Он вскочил, пылая негодованием.
— Нет! Я больше… нет!
— Ну, нет, так нет. Свободен, — я насмешливо улыбнулась и склонила голову набок.
— За каким чертом тебе саб, который не хочет играть? Это же глупо!
— Вот и я говорю — свободен. Тем более что мне нужен не просто саб, а раб. Горячий, покорный и на все готовый. Ты не годишься, это я уже поняла.

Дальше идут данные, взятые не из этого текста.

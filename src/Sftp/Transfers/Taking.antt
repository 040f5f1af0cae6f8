-- ===== src/Sftp/Transfers/Taking.antt =====
-- sftp.cc: SftpFile takes so many bytes more, as what its base class File writes to.
use Prim.Native.Nat.{◌<◌}
use hbackup.Prelude.{
  ℕ, ◌+◌, ◌≤◌, ◌≡◌, refl, sym, ap, ◌∙◌, [], ◌∷◌, ◌++◌, List, length, length-append, append_assoc,
  append-nil, drop, drop-append, Bytes, arith,
}
use hbackup.Outcome.{Result, ok, err, fatal}
use hbackup.File.Taker.{IsTaker}
use hbackup.Sftp.Wire.{word_size, Status, pack_string}
use hbackup.Sftp.Transport.{Transport, Server, IsTransport}
use hbackup.Sftp.Requests.{Client}
use hbackup.Sftp.Transfers.{
  Transfer, new_transfer, offset_size, write_request, writebytes, synchronize, transfer_device,
}
use hbackup.Sftp.Transfers.Ahead.{ids_from}
use hbackup.Sftp.Transfers.Received.{
  WriteRequest, AreReadable, packets_of, carried_out, carried_out-end, serve,
}
use hbackup.Sftp.Transfers.Received.Laws.{
  serve-packets_of, packets_of-snoc, carried_out-snoc, AreReadable-snoc,
}
use hbackup.Sftp.Transfers.Written.{IsAccepting, InOrder, IsWriting}
use hbackup.Sftp.Transfers.Settled.{sync_accepted}
use hbackup.Sftp.Transfers.Appended.{write_some_lem}
use hbackup.Sftp.Transfers.Stored.{IsAcceptingFile}

unfoldable pub value_of : Result Bytes → Bytes
value_of (ok b) = b
value_of (err e) = []
value_of fatal = []

module _ (T : Transport) (S : Server T) (L : IsTransport T S) where
  open S use {output}

  module _ (statuses : ℕ → Status) (A : IsAccepting statuses) (last : ℕ) (O : InOrder T S)
      (handle base : Bytes) (limit : ℕ) where
    -- What the server makes of what was sent behind `base`.
    unfoldable pub held : Transfer T → Bytes
    unfolding value_of serve
    held t = value_of (serve limit handle (drop (length base) (output t.fs.link)) [])

    -- `n` bytes more can be written.
    pub record CanTake (t : Transfer T) (n : ℕ) : Type 0 where
      pub first_id : ℕ
      pub in_flight : ℕ
      pub requests : List WriteRequest
      pub is_writing : IsWriting T S L statuses A last O t first_id in_flight
      pub room : first_id + in_flight + n ≤ last
      pub same_handle : t.handle ≡ handle
      pub sent : output t.fs.link ≡ base ++ packets_of handle requests
      pub offset : t.writeoffset ≡ length (carried_out requests [])
      pub small : t.writeoffset + n < offset_size
      pub few : length requests + n ≤ limit
      pub readable : AreReadable handle requests

    pub held_lem : (t : Transfer T) (n : ℕ) (a : CanTake t n) → held t ≡ carried_out a.requests []
    unfolding held value_of
    held_lem t n a =
        let served =
          serve-packets_of limit handle a.requests [] (omega (arith, a.few)) a.readable in
        ap (λ o. value_of (serve limit handle (drop (length base) o) [])) a.sent
        ∙ ap (λ o. value_of (serve limit handle o [])) (drop-append base _)
        ∙ ap value_of served

    held_same : (t t' : Transfer T) → output t'.fs.link ≡ output t.fs.link → held t' ≡ held t
    unfolding held
    held_same t t' e = ap (λ o. value_of (serve limit handle (drop (length base) o) [])) e

    pub settles_lem :
        (t : Transfer T) (n : ℕ)
        → CanTake t n
        → (t' : Transfer T) × (synchronize T t ≡ (ok tt, t')) × (held t' ≡ held t) × CanTake t' n
    settles_lem t n a =
        let (t1, q, v1, same) =
          sync_accepted T S L statuses A last O a.in_flight a.first_id t (omega (arith, a.room))
            a.is_writing in
        (
          t1,
          q,
          held_same t t1 same.sent,
          record {
            first_id = a.first_id + a.in_flight;
            in_flight = 0;
            requests = a.requests;
            is_writing = v1;
            room = omega (arith, a.room);
            same_handle = same.handle ∙ a.same_handle;
            sent = same.sent ∙ a.sent;
            offset = same.offset ∙ a.offset;
            small = omega (arith, same.offset, a.small);
            few = a.few;
            readable = a.readable;
          },
        )

    pub accepts_lem :
        (t : Transfer T) (c : ℕ) (s : Bytes) (n : ℕ)
        → length handle + length (c ∷ s) + 21 < word_size
        → CanTake t (length (c ∷ s) + n)
        → (t' : Transfer T) × (writebytes T (c ∷ s) t ≡ (ok tt, t'))
          × (held t' ≡ held t ++ c ∷ s)
          × CanTake t' n
    unfolding writebytes carried_out AreReadable
    accepts_lem t c s n short a =
        let (t1, g, m, q, few, v1, w) =
          write_some_lem T S L statuses A last O (c ∷ s) t a.first_id a.in_flight
            (omega (arith, a.room)) a.is_writing in
        let request : WriteRequest = record {
          id = t.fs.id;
          offset = t.writeoffset;
          bytes = c ∷ s;
        } in
        let packet : Bytes → Bytes =
          λ h. pack_string [] (write_request t.fs.id h t.writeoffset (c ∷ s)) in
        let all = a.requests ++ request ∷ [] in
        let file = carried_out a.requests [] in
        let grown : carried_out all [] ≡ file ++ c ∷ s =
          carried_out-snoc a.requests request [] ∙ carried_out-end request [] file a.offset in
        let b : CanTake t1 n = record {
          first_id = g;
          in_flight = m;
          requests = all;
          is_writing = v1;
          room = omega (arith, a.room, v1.next_id, w.next_id, a.is_writing.next_id);
          same_handle = w.handle ∙ a.same_handle;
          sent =
              w.sent
              ∙ ap (λ o. o ++ packet t.handle) a.sent
              ∙ append_assoc base (packets_of handle a.requests) (packet t.handle)
              ∙ ap (λ h. base ++ (packets_of handle a.requests ++ packet h)) a.same_handle
              ∙ ap (λ b. base ++ b) (sym (packets_of-snoc handle a.requests request));
          offset =
              w.offset
              ∙ omega (arith, a.small, a.offset, ap length grown, length-append file (c ∷ s));
          small = omega (arith, w.offset, a.small);
          few = omega (arith, a.few, length-append a.requests (request ∷ []));
          readable = AreReadable-snoc handle a.requests request a.readable (
            omega (arith, a.is_writing.next_id, a.is_writing.small_ids, a.room),
            omega (arith, a.small),
            short,
            tt,
          );
        } in
        (t1, q, held_lem t1 n b ∙ grown ∙ sym (ap (λ x. x ++ c ∷ s) (held_lem t _ a)), b)

    -- SftpFile as a device that takes so many bytes more.
    abbrev pub transfer_taker : length handle + 4117 < word_size → IsTaker (transfer_device T)
    transfer_taker short = record {
      Able = CanTake;
      written = held;
      accepts = λ t c s n fits a. accepts_lem t c s n (omega (arith, fits, short)) a;
      settles = settles_lem;
    }

    pub new_transfer-CanTake :
        (c : Client T) (n : ℕ)
        → IsAcceptingFile T S L statuses A last O c
        → output c.link ≡ base
        → c.id + n ≤ last
        → n < offset_size
        → n ≤ limit
        → CanTake (new_transfer T handle c) n
    unfolding new_transfer packets_of carried_out AreReadable ids_from
    new_transfer-CanTake c n v e room small few = record {
      first_id = c.id;
      in_flight = 0;
      requests = [];
      is_writing = record {
        up = v.up;
        queue = refl;
        next_id = omega arith;
        ordered = v.ordered;
        positive = v.positive;
        small_ids = v.small_ids;
        replies = v.replies;
      };
      room = omega (arith, room);
      same_handle = refl;
      sent = e ∙ sym (append-nil base);
      offset = refl;
      small = omega (arith, small);
      few = omega (arith, few);
      readable = tt;
    }

    pub held_new : (c : Client T) → output c.link ≡ base → held (new_transfer T handle c) ≡ []
    unfolding held value_of new_transfer serve
    held_new c e =
        ap (λ o. value_of (serve limit handle (drop (length base) o) []))
          (e ∙ sym (append-nil base))
        ∙ ap (λ o. value_of (serve limit handle o [])) (drop-append base [])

— Не гожусь! — слишком быстро согласился Бонни. — Возвращайся в Нью-Йорк, к Кею. Будет тебе отличный саб, самый лучший. Хоть десять!

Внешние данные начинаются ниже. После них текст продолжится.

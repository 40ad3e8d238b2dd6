-- ===== src/Tests/Submitting.antt =====
-- A submission to a node that accepts it, and a payload with a time that is not in UTC.
use discovery_net.Base.{some, ◌+◌, ◌≡◌, refl, [], ◌∷◌, List, length, replicate}
use discovery_net.Base.Result.{Result, ok, err, map_m}
use discovery_net.Base.Text.{Str, Bytes, codes}
use discovery_net.Graph.Kinds.{lemma}
use discovery_net.Graph.Time.{Datetime, east, astimezone_utc}
use discovery_net.Graph.Models.{ArtifactRef, Artifact, Contribution, contribution}
use discovery_net.Wire.Envelope.{SignedEnvelope, SignedTransaction, contribution_payload}
use discovery_net.Wire.External.{External}
use discovery_net.Wire.Codec.{artifact_ref}
use discovery_net.Wire.Payload.{encode_payload, decode_payload}
use discovery_net.Wire.Payload.RoundTrip
use discovery_net.Wire.Payload.RoundTrip.{IsConstructed}
use discovery_net.Wire.Signing
use discovery_net.Wire.Signing.{sign_artifact}
use discovery_net.Submission
use discovery_net.Submission.{RpcClient, SubmissionReceipt, submit_contribution, relation_envelope}
use discovery_net.Submission.Receipts
use discovery_net.Submission.Receipts.{IsReceiptOf}
use discovery_net.Tests.Samples.{lemma_text, toy, chain, noon, zeros}
use discovery_net.Tests.Runs.{node_code}

-- A digest of the right length, in place of a hash
abbrev zero_toy : External
zero_toy = record toy { sha256 = λ bytes. replicate 32 0 }

abbrev obliging_node : RpcClient
obliging_node = record {
  fetch_chain_id = ok chain;
  broadcast_transaction = λ bytes. ok (record { transaction_hash = zeros 64; check_tx_code = 0 });
}

abbrev key : Bytes
key = replicate 32 7

abbrev small_lemma : Contribution
small_lemma = record { kind = lemma; title = codes "t"; body = codes "b"; created_at = noon }

abbrev no_receipt : SubmissionReceipt
no_receipt = record { artifact_refs = []; transaction_hash = []; check_tx_code = 1 }

abbrev receipt_or_none : Result SubmissionReceipt → SubmissionReceipt
receipt_or_none (ok r) = r
receipt_or_none (err e) = no_receipt

abbrev small_receipt : SubmissionReceipt
small_receipt =
    receipt_or_none (submit_contribution ⦃ext = zero_toy⦄ obliging_node key small_lemma [])

submit_small_lemma :
    submit_contribution ⦃ext = zero_toy⦄ obliging_node key small_lemma [] ≡ ok small_receipt
unfolding node_code Signing.sign_artifact Signing.sign_transaction Submission.new_receipt
    Submission.require_artifact_count Submission.receipt_of Submission.submit
    Submission.relation_envelope Submission.submit_contribution
submit_small_lemma = refl

submit_contribution-IsReceiptOf_example :
    (t : SignedTransaction) × (chain_id : Str) × (first : SignedEnvelope) × (others : List
      SignedEnvelope)
    × (reference : ArtifactRef) × (obliging_node.fetch_chain_id ≡ ok chain_id)
    × (sign_artifact ⦃ext = zero_toy⦄ chain_id (contribution small_lemma) key ≡ ok first)
    × (artifact_ref ⦃ext = zero_toy⦄ first ≡ ok reference)
    × (map_m
          (relation_envelope ⦃ext = zero_toy⦄ obliging_node key chain_id reference small_lemma)
          []
        ≡ ok others)
    × (t.envelopes ≡ first ∷ others)
    × (length small_receipt.artifact_refs ≡ 1 + 0)
    × IsReceiptOf ⦃ext = zero_toy⦄ obliging_node t small_receipt
submit_contribution-IsReceiptOf_example =
    Receipts.submit_contribution-IsReceiptOf ⦃ext = zero_toy⦄ obliging_node key small_lemma []
      small_receipt submit_small_lemma

-- 13:00 at +01:00, which is noon in UTC
abbrev afternoon : Datetime
afternoon = record noon { second = 46800; offset = some (east 3600) }

abbrev late_lemma : Artifact
late_lemma = contribution (record small_lemma { created_at = afternoon })

late_lemma-IsConstructed : IsConstructed late_lemma
unfolding node_code
late_lemma-IsConstructed = refl

encode_late_lemma : encode_payload late_lemma ≡ ok (contribution_payload, lemma_text)
unfolding node_code
encode_late_lemma = refl

afternoon_at_noon : astimezone_utc afternoon (east 3600) ≡ ok noon
unfolding node_code
afternoon_at_noon = refl

decode_payload-encode_payload_example :
    decode_payload contribution_payload lemma_text ≡ ok (contribution small_lemma)
decode_payload-encode_payload_example =
    RoundTrip.decode_payload-encode_payload late_lemma (east 3600) noon contribution_payload
      lemma_text late_lemma-IsConstructed refl afternoon_at_noon encode_late_lemma refl
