-- ===== src/Tests/Timelines.antt =====
-- A timeline of a researcher that pivots and a reviewer.
use discovery_net.Base.{◌≡◌, refl, true, Option, none, some, List, [], ◌∷◌, map}
use discovery_net.Base.Parse.{lower}
use discovery_net.Base.Result.{ok, err}
use discovery_net.Base.Text.{codes}
use discovery_net.Team.Timeline.{RunAnnotation, TimelineRun, lanes_and_events, completed, running}
use discovery_net.Team.Timeline.Events
use discovery_net.Team.Timeline.Events.{AreEvents}
use discovery_net.Team.Timeline.Lanes
use discovery_net.Team.Timeline.Lanes.{AreLanesOf}
use discovery_net.Team.Timeline.Runs.{RunObject, completed_lines}
use discovery_net.Team.Timeline.Summary.{summary_of}
use discovery_net.Team.Timeline.Counts
use discovery_net.Team.Timeline.Counts.{IsCounted}
use discovery_net.Team.Timeline.Passes
use discovery_net.Team.Timeline.Passes.{AreNumbered}

abbrev pivot : RunAnnotation
pivot = record {
  lane_title = some (codes "Sum-free sets, again!");
  change_type = some (codes "problem_pivot");
  summary = some (codes "Another problem.");
  impact = some (codes "major");
  paper_potential = some (codes "high");
}

abbrev first_run : TimelineRun
first_run = record {
  run_id = codes "researcher1:1";
  pass_number = some 1;
  agent = codes "researcher1";
  role = codes "researcher";
  started_at = codes "1";
  finished_at = codes "2";
  state = completed;
  annotation = none;
  lane = none;
}

abbrev review : TimelineRun
review = record first_run { agent = codes "reviewer1"; role = codes "reviewer"; state = running }

abbrev second_run : TimelineRun
second_run = record first_run { started_at = codes "3"; annotation = some pivot }

abbrev three_runs : List TimelineRun
three_runs = first_run ∷ review ∷ second_run ∷ []

lanes_and_events-AreLanesOf_example :
    AreLanesOf lower three_runs (lanes_and_events lower three_runs).1
lanes_and_events-AreLanesOf_example = Lanes.lanes_and_events-AreLanesOf lower three_runs

lanes_and_events-AreEvents_example :
    AreEvents lower [] three_runs (lanes_and_events lower three_runs).2
lanes_and_events-AreEvents_example = Events.lanes_and_events-AreEvents lower three_runs

summary_of-IsCounted_example : IsCounted three_runs (summary_of (pivot ∷ []) three_runs)
summary_of-IsCounted_example = Counts.summary_of-IsCounted (pivot ∷ []) three_runs

-- The lane of the second run names the problem, and its event says where it came from.
lanes_and_events-pivot :
    map (λ event. event.origin) (lanes_and_events lower three_runs).2
    ≡ some (codes "researcher1:researcher1") ∷ []
unfolding lanes_and_events
lanes_and_events-pivot = refl

abbrev usage_line : RunObject
usage_line = record {
  agent = none;
  role = none;
  run_id = none;
  started_at = some (codes "1");
  finished_at = some (codes "2");
  timestamp = none;
  total_tokens = ok 5;
}

-- A line without an instant, and one that is no object, have no number.
abbrev usage_lines : List (Option RunObject)
usage_lines =
    some usage_line ∷ none ∷ some (record usage_line { finished_at = none }) ∷ some usage_line ∷ []

abbrev two_passes : List TimelineRun
unfolding completed_lines
two_passes = elim (completed_lines (λ _. true) [] [] (codes "researcher1") 0 usage_lines) [
  | ok runs ↦ runs
  | err e ↦ []
]

completed_lines-AreNumbered_example : AreNumbered 0 4 two_passes
unfolding completed_lines
completed_lines-AreNumbered_example =
    Passes.completed_lines-AreNumbered (λ _. true) [] [] (codes "researcher1") 0 usage_lines
      two_passes refl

— Не-а, — я покачала ногой в драной кеде. — Я хочу сегодня. Здесь и сейчас. А так как ты не годишься, вали и не занимай мое время. У меня еще окна не помыты.
— Ты что, собираешься их мыть сама?
— Ага. У меня тут прислуги нет.
— Ты с ума сошла! Третий этаж! Найми кого-нибудь!
Я таки рассмеялась. Бонни вздумал заботиться о моей безопасности! Анекдот, твою мать.
— Не могу, Бонни. Я ж ушла от Кея, ты помнишь? Мне теперь экономить надо!
На меня несколько секунд смотрели с неподдельным детским удивлением. Что, не ты один умеешь нести чушь и бред?
— Роза, ты…
— Я, я Роза. Или проваливай и не мешай, или помой мне окна сам.
— Ты с ума сошла.
— Ага, сошла. У меня, может, гештальт не закрыт, чтобы сам великий гениальный Бонни Джеральд, звездища всех времен и народов, помыл мне окна. И полы в гостиной.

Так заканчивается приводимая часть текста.